● **MATERIAL SUPPLIED**
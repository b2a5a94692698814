-- ===== src/GameBoy/Apu/State.antt =====
-- cores/gameboy/gameboy.hpp, the structs of the sound unit, and cores/gameboy/gameboy.cpp, the periods
-- of the timers, the status register and the start. The I/O registers are a function of the address:
-- each of 0xFF10 to 0xFF3F keeps the byte that was last written to it by `writeIoRegister` or `storeAt`.
use proto_time.Base.{
  ℕ, ◌+◌, ◌-◌, ◌*◌, ◌^◌, min, max, Bool, true, false, List, ◌==◌, if◌then◌else◌, filled,
}
use proto_time.Base.Bits.{low_bits, test_bit}

pub record Pulse : Type 0 where
  pub enabled : Bool
  pub dac_enabled : Bool
  pub length_enabled : Bool
  pub duty : ℕ
  pub duty_step : ℕ
  pub length_counter : ℕ
  pub initial_volume : ℕ
  pub volume : ℕ
  pub envelope_increase : Bool
  pub envelope_period : ℕ
  pub envelope_timer : ℕ
  pub frequency : ℕ
  pub timer : ℕ
  pub has_sweep : Bool
  pub sweep_period : ℕ
  pub sweep_timer : ℕ
  pub sweep_negate : Bool
  pub sweep_shift : ℕ
  pub shadow_frequency : ℕ
  pub sweep_enabled : Bool

pub record Wave : Type 0 where
  pub wave_on : Bool
  pub wave_dac : Bool
  pub wave_length_enabled : Bool
  pub wave_length : ℕ
  pub wave_frequency : ℕ
  pub wave_timer : ℕ
  pub sample_index : ℕ

pub record Noise : Type 0 where
  pub noise_on : Bool
  pub noise_dac : Bool
  pub noise_length_enabled : Bool
  pub noise_length : ℕ
  pub noise_initial_volume : ℕ
  pub noise_volume : ℕ
  pub noise_increase : Bool
  pub noise_period : ℕ
  pub noise_envelope_timer : ℕ
  pub clock_shift : ℕ
  pub divisor_code : ℕ
  pub width_mode_7 : Bool
  pub noise_timer : ℕ
  pub lfsr : ℕ

pub record Apu : Type 0 where
  pub master_enabled : Bool
  pub frame_sequencer_counter : ℕ
  pub frame_sequencer_step : ℕ
  pub sample_accumulator : ℕ
  pub sample_counter : ℕ
  pub frame_counter : ℕ
  pub recent_samples : List ℕ
  pub recent_write_cursor : ℕ
  pub recent_sample_count : ℕ
  pub pulse1 : Pulse
  pub pulse2 : Pulse
  pub wave : Wave
  pub noise : Noise

-- The sound unit and the I/O registers.
pub record Sound : Type 0 where
  pub apu : Apu
  pub io : ℕ → ℕ

abbrev pub silent_pulse : Pulse
silent_pulse = record {
  enabled = false;
  dac_enabled = false;
  length_enabled = false;
  duty = 0;
  duty_step = 0;
  length_counter = 0;
  initial_volume = 0;
  volume = 0;
  envelope_increase = false;
  envelope_period = 0;
  envelope_timer = 0;
  frequency = 0;
  timer = 0;
  has_sweep = false;
  sweep_period = 0;
  sweep_timer = 0;
  sweep_negate = false;
  sweep_shift = 0;
  shadow_frequency = 0;
  sweep_enabled = false;
}

abbrev pub silent_wave : Wave
silent_wave = record {
  wave_on = false;
  wave_dac = false;
  wave_length_enabled = false;
  wave_length = 0;
  wave_frequency = 0;
  wave_timer = 0;
  sample_index = 0;
}

abbrev pub silent_noise : Noise
silent_noise = record {
  noise_on = false;
  noise_dac = false;
  noise_length_enabled = false;
  noise_length = 0;
  noise_initial_volume = 0;
  noise_volume = 0;
  noise_increase = false;
  noise_period = 0;
  noise_envelope_timer = 0;
  clock_shift = 0;
  divisor_code = 0;
  width_mode_7 = false;
  noise_timer = 0;
  lfsr = 0x7FFF;
}

-- `ApuState{}`, but for what the code always sets next.
unfoldable pub reset_apu : Bool → Apu
reset_apu master = record {
  master_enabled = master;
  frame_sequencer_counter = 0;
  frame_sequencer_step = 0;
  sample_accumulator = 0;
  sample_counter = 0;
  frame_counter = 0;
  recent_samples = filled 4096 0;
  recent_write_cursor = 0;
  recent_sample_count = 0;
  pulse1 = record silent_pulse { has_sweep = true };
  pulse2 = silent_pulse;
  wave = silent_wave;
  noise = silent_noise;
}

unfoldable pub pulse_timer_period : ℕ → ℕ
pulse_timer_period frequency = low_bits 16 (max 4 ((2048 - low_bits 11 frequency) * 4))

unfoldable pub wave_timer_period : ℕ → ℕ
wave_timer_period frequency = low_bits 16 (max 2 ((2048 - low_bits 11 frequency) * 2))

-- `kDivisors`: 8, then the multiples of 16.
unfoldable pub noise_divisor : ℕ → ℕ
noise_divisor code = if code == 0 then 8 else 16 * code

unfoldable pub noise_timer_period : Noise → ℕ
noise_timer_period n =
    let period = noise_divisor (low_bits 3 n.divisor_code) * 2 ^ n.clock_shift in
    min (max period 8) 0xFFFF

unfoldable pub channel_bits : Apu → ℕ
channel_bits a =
    (if a.pulse1.enabled then 1 else 0)
    + (if a.pulse2.enabled then 2 else 0)
    + (if a.wave.wave_on then 4 else 0)
    + (if a.noise.noise_on then 8 else 0)

-- What NR52 shows: bits that do not overlap, so their `|` is a sum.
unfoldable pub apu_status : Apu → ℕ
apu_status a = (if a.master_enabled then 0x80 else 0) + 0x70 + channel_bits a

unfoldable pub write_io : ℕ → ℕ → Sound → Sound
write_io address value s = record s { io = λ other. if other == address then value else s.io other }

unfoldable pub update_apu_status_register : Sound → Sound
update_apu_status_register s = write_io 0xFF26 (apu_status s.apu) s

unfoldable pub initialize_apu : Sound → Sound
initialize_apu s =
    update_apu_status_register (record s { apu = reset_apu (test_bit 7 (s.io 0xFF26)) })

● **REQUIRED WORK**
Transcribe the records above from the line holding "pub sweep_period : ℕ" down to the line holding "pub noise : Noise", inclusive, without adding anything.

● **SOLUTION TO THIS PROBLEM**
  pub sweep_period : ℕ
  pub sweep_timer : ℕ
  pub sweep_negate : Bool
  pub sweep_shift : ℕ
  pub shadow_frequency : ℕ
  pub sweep_enabled : Bool

pub record Wave : Type 0 where
  pub wave_on : Bool
  pub wave_dac : Bool
  pub wave_length_enabled : Bool
  pub wave_length : ℕ
  pub wave_frequency : ℕ
  pub wave_timer : ℕ
  pub sample_index : ℕ

pub record Noise : Type 0 where
  pub noise_on : Bool
  pub noise_dac : Bool
  pub noise_length_enabled : Bool
  pub noise_length : ℕ
  pub noise_initial_volume : ℕ
  pub noise_volume : ℕ
  pub noise_increase : Bool
  pub noise_period : ℕ
  pub noise_envelope_timer : ℕ
  pub clock_shift : ℕ
  pub divisor_code : ℕ
  pub width_mode_7 : Bool
  pub noise_timer : ℕ
  pub lfsr : ℕ

pub record Apu : Type 0 where
  pub master_enabled : Bool
  pub frame_sequencer_counter : ℕ
  pub frame_sequencer_step : ℕ
  pub sample_accumulator : ℕ
  pub sample_counter : ℕ
  pub frame_counter : ℕ
  pub recent_samples : List ℕ
  pub recent_write_cursor : ℕ
  pub recent_sample_count : ℕ
  pub pulse1 : Pulse
  pub pulse2 : Pulse
  pub wave : Wave
  pub noise : Noise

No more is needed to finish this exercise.